Bétonnage

Construire un centre commercial en zone inondable : c’est possible en France en 2019

Bétonnage

par Sophie Chapelle

Un centre commercial en chantier dans des parcelles pourtant classées inconstructibles en raison du risque d’inondation. L’affaire suscite la colère des associations environnementales locales à Alès, dans le Gard [1]. Voilà bientôt dix ans qu’elles se battent contre ce projet – 7000 m2 de bâtiments – situé en bordure de la rivière du Gardon, à l’entrée de la ville d’Alès.

L’histoire débute en novembre 2010, avec un décret approuvant le plan de prévention des risques d’inondation du Gardon d’Alès à l’initiative du préfet du Gard. Ce plan, dit « PPRI », identifie les zones pouvant subir des inondations et propose des ajustements techniques, juridiques et humains pour y faire face. La zone où s’érige aujourd’hui le centre commercial est alors classée en « aléa fort », ce qui la rend inconstructible.

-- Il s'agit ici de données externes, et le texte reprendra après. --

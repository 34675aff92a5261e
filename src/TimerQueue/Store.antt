-- ===== src/TimerQueue/Store.antt =====
-- TimerQueue: who is in `timers_`, in `activeTimers_` and in memory after an insertion or a removal.
use mynuduo.Base.{
  if_rule, ℕ, ◌≡◌, refl, Bool, true, false, not, ◌&&◌, ◌||◌, List, [], ◌∷◌, ◌++◌, ◌==◌, arith,
}
use mynuduo.TimerQueue.{
  Entry, TimerId, entry_lt, same_entry, same_id, insert_entry, erase_entry, has_id, insert_id,
  erase_id, remove_addr,
}
use mynuduo.TimerQueue.Order.{Each}

-- Whether the timer at the address `a` is in `timers_`.
unfoldable pub has_addr : ℕ → List Entry → Bool
has_addr a [] = false
has_addr a (x ∷ xs) = x.addr == a || has_addr a xs

-- Whether the address `a` is one of a list.
unfoldable pub is_in : ℕ → List ℕ → Bool
is_in a [] = false
is_in a (x ∷ xs) = x == a || is_in a xs

-- No timer stands in `timers_` twice.
abbrev pub Distinct : List Entry → Type 0
Distinct [] = Unit {0}
Distinct (x ∷ xs) = (has_addr x.addr xs ≡ false) × Distinct xs

pub has_addr-append :
    (a : ℕ) (xs ys : List Entry) → has_addr a (xs ++ ys) ≡ (has_addr a xs || has_addr a ys)
unfolding has_addr
has_addr-append a [] ys = refl
has_addr-append a (x ∷ xs) ys = ground (arith, has_addr-append a xs ys)

pub has_addr-insert_entry :
    (a : ℕ) (e : Entry) (xs : List Entry)
    → has_addr e.addr xs ≡ false
    → has_addr a (insert_entry e xs) ≡ (e.addr == a || has_addr a xs)
unfolding has_addr insert_entry
has_addr-insert_entry a e [] h = refl
has_addr-insert_entry a e (x ∷ xs) h = ground (arith, has_addr-insert_entry a e xs)

pub insert_entry-Distinct :
    (e : Entry) (xs : List Entry)
    → has_addr e.addr xs ≡ false
    → Distinct xs
    → Distinct (insert_entry e xs)
unfolding has_addr insert_entry
insert_entry-Distinct e [] h d = (refl, tt)
insert_entry-Distinct e (x ∷ xs) h d =
    if_rule Distinct (entry_lt e x) (λ _. (h, d))
      λ _.
        if_rule Distinct (entry_lt x e)
          (λ _. (
            ground (arith, has_addr-insert_entry x.addr e xs),
            insert_entry-Distinct e xs (ground arith) d.1,
          ))
          λ _. d

-- The entry of a timer whose entry, if any, bears the time of `e`.
abbrev pub Bears : Entry → Entry → Type 0
Bears e x = (x.addr == e.addr) ≡ true → x.when ≡ e.when

pub has_addr-erase_entry :
    (a : ℕ) (e : Entry) (xs : List Entry)
    → Each (Bears e) xs
    → Distinct xs
    → has_addr a (erase_entry e xs) ≡ (has_addr a xs && not (e.addr == a))
unfolding has_addr erase_entry
has_addr-erase_entry a e [] h d = refl
has_addr-erase_entry a e (x ∷ xs) h d = ground (arith, has_addr-erase_entry a e xs h.1 d.1, h.0)

pub erase_entry-Distinct :
    (e : Entry) (xs : List Entry) → Each (Bears e) xs → Distinct xs → Distinct (erase_entry e xs)
unfolding erase_entry has_addr
erase_entry-Distinct e [] h d = tt
erase_entry-Distinct e (x ∷ xs) h d =
    if_rule Distinct (same_entry x e) (λ _. d.1)
      λ _. (
        ground (arith, has_addr-erase_entry x.addr e xs h.1 d.1, d.0),
        erase_entry-Distinct e xs h.1 d.1,
      )

pub is_in-remove_addr :
    (a b : ℕ) (xs : List ℕ) → is_in a (remove_addr b xs) ≡ (is_in a xs && not (b == a))
unfolding is_in remove_addr
is_in-remove_addr a b [] = refl
is_in-remove_addr a b (x ∷ xs) = ground (arith, is_in-remove_addr a b xs)

has_id-same : (i j : TimerId) (xs : List TimerId) → same_id i j ≡ true → has_id i xs ≡ has_id j xs
unfolding has_id
has_id-same i j [] h = refl
has_id-same i j (x ∷ xs) h = ground (arith, has_id-same i j xs)

pub has_id-insert_id :
    (i j : TimerId) (xs : List TimerId) → has_id j (insert_id i xs) ≡ (same_id i j || has_id j xs)
unfolding has_id insert_id
has_id-insert_id i j xs = ground (arith, has_id-same i j xs)

pub has_id-erase_id :
    (i j : TimerId) (xs : List TimerId)
    → has_id j (erase_id i xs) ≡ (has_id j xs && not (same_id i j))
unfolding has_id erase_id
has_id-erase_id i j [] = refl
has_id-erase_id i j (x ∷ xs) = ground (arith, has_id-erase_id i j xs)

Photo du chantier prise le 11 mars 2019.

Huit ans pour faire valider le plan de prévention des risques d’inondation

Ce décret n’est pas du goût de la commune d’Alès (à majorité LR) [2] ni du promoteur du centre commercial qui lorgne sur ces parcelles depuis une quinzaine d’années, malgré un premier avis négatif. Au total, sept recours vont être déposés contre le plan de prévention des inondations. En novembre 2012, le tribunal administratif de Nîmes annule partiellement le PPRI. Les parcelles concernées par le projet de centre commercial passent alors d’ « aléa fort » en « aléa modéré ». Le secteur devient constructible, sous conditions.

Le ministère de l’Écologie fait appel mais est débouté par la Cour d’appel de Lyon en septembre 2014. Il faut attendre un arrêt du Conseil d’État, puis un nouveau jugement de la Cour d’appel de Lyon en juin 2017 pour que le plan de prévention soit finalement jugé valable. En juin 2018, le Conseil d’État met un point final à ce feuilleton en rejetant le pourvoi du promoteur. « Ce projet de centre commercial se situe clairement dans le zonage inconstructible », résume Rémy Coulet de l’association Saint Hilaire Durable.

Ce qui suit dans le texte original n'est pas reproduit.